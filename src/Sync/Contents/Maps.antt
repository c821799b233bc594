-- ===== src/Sync/Contents/Maps.antt =====
-- What the maps of a document hold after the steps that the operations of
-- src-tauri/src/sync/sync_doc.rs have in common, given what Loro documents of its maps.
use bushido.Prelude.{
  ℕ, ◌≡◌, refl, ◌∙◌, Bool, true, false, List, [], ◌∷◌, Bytes, ◌&&◌, ltb, if◌then◌else◌, Option,
  none, some, Result, ok, err, inl, inr, Bool-cases, arith, ap,
}
use bushido.Prelude.Table.{list_beq}
use bushido.Prelude.Io.{after, pure, ◌>>=◌}
use bushido.Sync.Contents.{
  edit, MapName, history, settings, open_tabs, LoroValue, string, LoroMaps, OpenDoc, compacted,
  load_snapshot, count_op, maybe_compact, delete_all, has,
}

abbrev pub same_map : MapName → MapName → Bool
same_map history history = true
same_map settings settings = true
same_map open_tabs open_tabs = true
same_map history settings = false
same_map history open_tabs = false
same_map settings history = false
same_map settings open_tabs = false
same_map open_tabs history = false
same_map open_tabs settings = false

abbrev pub is_set : Option LoroValue → Bool
is_set none = false
is_set (some v) = true

-- No key comes twice.
abbrev pub IsDistinct : List Bytes → Type 0
IsDistinct [] = Unit {0}
IsDistinct (k ∷ ks) = (has k ks ≡ false) × IsDistinct ks

-- A map gives back what was last inserted under a key and nothing after a deletion, `for_each`
-- visits the keys that are set, each once, and a document that imports a snapshot has its contents.
pub record MapLaws (loro : LoroMaps) : Type 0 where
  pub get-insert :
      (m n : MapName) (k j v : Bytes) (d : loro.Doc)
      → loro.get n j (loro.insert m k v d)
        ≡ (if same_map m n && list_beq k j then some (string v) else loro.get n j d)
  pub get-delete :
      (m n : MapName) (k j : Bytes) (d : loro.Doc)
      → loro.get n j (loro.delete m k d)
        ≡ (if same_map m n && list_beq k j then none else loro.get n j d)
  pub has-keys :
      (m : MapName) (k : Bytes) (d : loro.Doc) → has k (loro.keys m d) ≡ is_set (loro.get m k d)
  pub keys-IsDistinct : (m : MapName) (d : loro.Doc) → IsDistinct (loro.keys m d)
  pub get-renewed :
      (m : MapName) (k : Bytes) (snapshot : Bytes) (d d' : loro.Doc)
      → loro.export_snapshot d ≡ ok snapshot
      → loro.renewed d snapshot ≡ ok d'
      → loro.get m k d' ≡ loro.get m k d

-- What a renewed document keeps is kept by a compaction, which happens or fails.
module _ (loro : LoroMaps) where
  open loro use {Doc, export_snapshot, renewed}

  abbrev pub Renews : {X : Type 0} → (Doc → X) → Type 0
  Renews view =
      (snapshot : Bytes) (d d' : Doc)
      → export_snapshot d ≡ ok snapshot
      → renewed d snapshot ≡ ok d'
      → view d' ≡ view d

  module _ {X : Type 0} (view : Doc → X) (renews : Renews view) where
    compacted-same :
        (snapshot : Bytes) (s : OpenDoc loro) (r : Result Doc)
        → export_snapshot s.doc ≡ ok snapshot
        → renewed s.doc snapshot ≡ r
        → view (compacted loro s r).1.doc ≡ view s.doc
    compacted-same snapshot s (ok d) exported imported = renews snapshot s.doc d exported imported
    compacted-same snapshot s (err e) exported imported = refl

    load-same :
        (s : OpenDoc loro) (r : Result Bytes)
        → export_snapshot s.doc ≡ r
        → view (load_snapshot loro s r).1.doc ≡ view s.doc
    load-same s (ok snapshot) exported =
        compacted-same snapshot s (renewed s.doc snapshot) exported refl
    load-same s (err e) exported = refl

    pub maybe_compact-same : (s : OpenDoc loro) → view (maybe_compact loro s).1.doc ≡ view s.doc
    unfolding maybe_compact
    maybe_compact-same s = elim (Bool-cases (ltb (count_op loro s).op_count 500)) [
      | inl below ↦ rw below refl
      | inr reached ↦ rw reached (load-same (count_op loro s) (export_snapshot s.doc) refl)
    ]

pub after-pure-state : {S A B : Type 0} (b : B) (r : Result A × S) → (after (λ a. pure b) r).1 ≡ r.1
after-pure-state b (ok a, s) = refl
after-pure-state b (err e, s) = refl

module _ (loro : LoroMaps) (laws : MapLaws loro) where
  open loro use {Doc, get, export_snapshot, renewed}

  -- A compaction, which happens or fails, changes no entry.
  pub maybe_compact-get :
      (m : MapName) (k : Bytes) (s : OpenDoc loro)
      → get m k (maybe_compact loro s).1.doc ≡ get m k s.doc
  maybe_compact-get m k = maybe_compact-same loro (get m k) (laws.get-renewed m k)

  pub get-delete_all :
      (m n : MapName) (ks : List Bytes) (j : Bytes) (d : Doc)
      → get n j (delete_all loro m ks d) ≡ (if same_map m n && has j ks then none else get n j d)
  get-delete_all m n [] j d = ground arith
  get-delete_all m n (k ∷ ks) j d =
      rw (get-delete_all m n ks j (loro.delete m k d))
        (rw (laws.get-delete m n k j d) (ground arith))

  -- What a document holds after an insertion and after a count of deletions, with their compaction.
  pub insert_compact-get :
      (m n : MapName) (k j v : Bytes) (s : OpenDoc loro)
      → get n j (maybe_compact loro (edit loro (loro.insert m k v) s)).1.doc
        ≡ (if same_map m n && list_beq k j then some (string v) else get n j s.doc)
  insert_compact-get m n k j v s =
      maybe_compact-get n j (edit loro (loro.insert m k v) s) ∙ laws.get-insert m n k j v s.doc

  pub settled-get :
      (m : MapName) (k : Bytes) (count : ℕ) (t : OpenDoc loro)
      → get m k
          (if ltb 0 count then (maybe_compact loro >>= λ u. pure count) t else pure count t).1.doc
        ≡ get m k t.doc
  settled-get m k count t = elim (Bool-cases (ltb 0 count)) [
    | inl some_gone ↦ rw some_gone (
        ap (λ o. get m k o.doc) (after-pure-state count (maybe_compact loro t))
        ∙ maybe_compact-get m k t)
    | inr none_gone ↦ rw none_gone refl
  ]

=====

Your goal: Each record above is to be reproduced verbatim.

Response below:
filename src/Sync/Contents/Maps.antt
repository c821799b233bc594
-- ===== src/Sync/Contents/Maps.antt =====
-- What the maps of a document hold after the steps that the operations of
-- src-tauri/src/sync/sync_doc.rs have in common, given what Loro documents of its maps.
use bushido.Prelude.{
  ℕ, ◌≡◌, refl, ◌∙◌, Bool, true, false, List, [], ◌∷◌, Bytes, ◌&&◌, ltb, if◌then◌else◌, Option,
  none, some, Result, ok, err, inl, inr, Bool-cases, arith, ap,
}
use bushido.Prelude.Table.{list_beq}
use bushido.Prelude.Io.{after, pure, ◌>>=◌}
use bushido.Sync.Contents.{
  edit, MapName, history, settings, open_tabs, LoroValue, string, LoroMaps, OpenDoc, compacted,
  load_snapshot, count_op, maybe_compact, delete_all, has,
}

abbrev pub same_map : MapName → MapName → Bool
same_map history history = true
same_map settings settings = true
same_map open_tabs open_tabs = true
same_map history settings = false
same_map history open_tabs = false
same_map settings history = false
same_map settings open_tabs = false
same_map open_tabs history = false
same_map open_tabs settings = false

abbrev pub is_set : Option LoroValue → Bool
is_set none = false
is_set (some v) = true

-- No key comes twice.
abbrev pub IsDistinct : List Bytes → Type 0
IsDistinct [] = Unit {0}
IsDistinct (k ∷ ks) = (has k ks ≡ false) × IsDistinct ks

-- A map gives back what was last inserted under a key and nothing after a deletion, `for_each`
-- visits the keys that are set, each once, and a document that imports a snapshot has its contents.
pub record MapLaws (loro : LoroMaps) : Type 0 where
  pub get-insert :
      (m n : MapName) (k j v : Bytes) (d : loro.Doc)
      → loro.get n j (loro.insert m k v d)
        ≡ (if same_map m n && list_beq k j then some (string v) else loro.get n j d)
  pub get-delete :
      (m n : MapName) (k j : Bytes) (d : loro.Doc)
      → loro.get n j (loro.delete m k d)
        ≡ (if same_map m n && list_beq k j then none else loro.get n j d)
  pub has-keys :
      (m : MapName) (k : Bytes) (d : loro.Doc) → has k (loro.keys m d) ≡ is_set (loro.get m k d)
  pub keys-IsDistinct : (m : MapName) (d : loro.Doc) → IsDistinct (loro.keys m d)
  pub get-renewed :
      (m : MapName) (k : Bytes) (snapshot : Bytes) (d d' : loro.Doc)
      → loro.export_snapshot d ≡ ok snapshot
      → loro.renewed d snapshot ≡ ok d'
      → loro.get m k d' ≡ loro.get m k d

-- What a renewed document keeps is kept by a compaction, which happens or fails.
module _ (loro : LoroMaps) where
  open loro use {Doc, export_snapshot, renewed}

  abbrev pub Renews : {X : Type 0} → (Doc → X) → Type 0
  Renews view =
      (snapshot : Bytes) (d d' : Doc)
      → export_snapshot d ≡ ok snapshot
      → renewed d snapshot ≡ ok d'
      → view d' ≡ view d

  module _ {X : Type 0} (view : Doc → X) (renews : Renews view) where
    compacted-same :
        (snapshot : Bytes) (s : OpenDoc loro) (r : Result Doc)
        → export_snapshot s.doc ≡ ok snapshot
        → renewed s.doc snapshot ≡ r
        → view (compacted loro s r).1.doc ≡ view s.doc
    compacted-same snapshot s (ok d) exported imported = renews snapshot s.doc d exported imported
    compacted-same snapshot s (err e) exported imported = refl

    load-same :
        (s : OpenDoc loro) (r : Result Bytes)
        → export_snapshot s.doc ≡ r
        → view (load_snapshot loro s r).1.doc ≡ view s.doc
    load-same s (ok snapshot) exported =
        compacted-same snapshot s (renewed s.doc snapshot) exported refl
    load-same s (err e) exported = refl

    pub maybe_compact-same : (s : OpenDoc loro) → view (maybe_compact loro s).1.doc ≡ view s.doc
    unfolding maybe_compact
    maybe_compact-same s = elim (Bool-cases (ltb (count_op loro s).op_count 500)) [
      | inl below ↦ rw below refl
      | inr reached ↦ rw reached (load-same (count_op loro s) (export_snapshot s.doc) refl)
    ]

pub after-pure-state : {S A B : Type 0} (b : B) (r : Result A × S) → (after (λ a. pure b) r).1 ≡ r.1
after-pure-state b (ok a, s) = refl
after-pure-state b (err e, s) = refl

module _ (loro : LoroMaps) (laws : MapLaws loro) where
  open loro use {Doc, get, export_snapshot, renewed}

  -- A compaction, which happens or fails, changes no entry.
  pub maybe_compact-get :
      (m : MapName) (k : Bytes) (s : OpenDoc loro)
      → get m k (maybe_compact loro s).1.doc ≡ get m k s.doc
  maybe_compact-get m k = maybe_compact-same loro (get m k) (laws.get-renewed m k)

  pub get-delete_all :
      (m n : MapName) (ks : List Bytes) (j : Bytes) (d : Doc)
      → get n j (delete_all loro m ks d) ≡ (if same_map m n && has j ks then none else get n j d)
  get-delete_all m n [] j d = ground arith
  get-delete_all m n (k ∷ ks) j d =
      rw (get-delete_all m n ks j (loro.delete m k d))
        (rw (laws.get-delete m n k j d) (ground arith))

  -- What a document holds after an insertion and after a count of deletions, with their compaction.
  pub insert_compact-get :
      (m n : MapName) (k j v : Bytes) (s : OpenDoc loro)
      → get n j (maybe_compact loro (edit loro (loro.insert m k v) s)).1.doc
        ≡ (if same_map m n && list_beq k j then some (string v) else get n j s.doc)
  insert_compact-get m n k j v s =
      maybe_compact-get n j (edit loro (loro.insert m k v) s) ∙ laws.get-insert m n k j v s.doc

  pub settled-get :
      (m : MapName) (k : Bytes) (count : ℕ) (t : OpenDoc loro)
      → get m k
          (if ltb 0 count then (maybe_compact loro >>= λ u. pure count) t else pure count t).1.doc
        ≡ get m k t.doc
  settled-get m k count t = elim (Bool-cases (ltb 0 count)) [
    | inl some_gone ↦ rw some_gone (
        ap (λ o. get m k o.doc) (after-pure-state count (maybe_compact loro t))
        ∙ maybe_compact-get m k t)
    | inr none_gone ↦ rw none_gone refl
  ]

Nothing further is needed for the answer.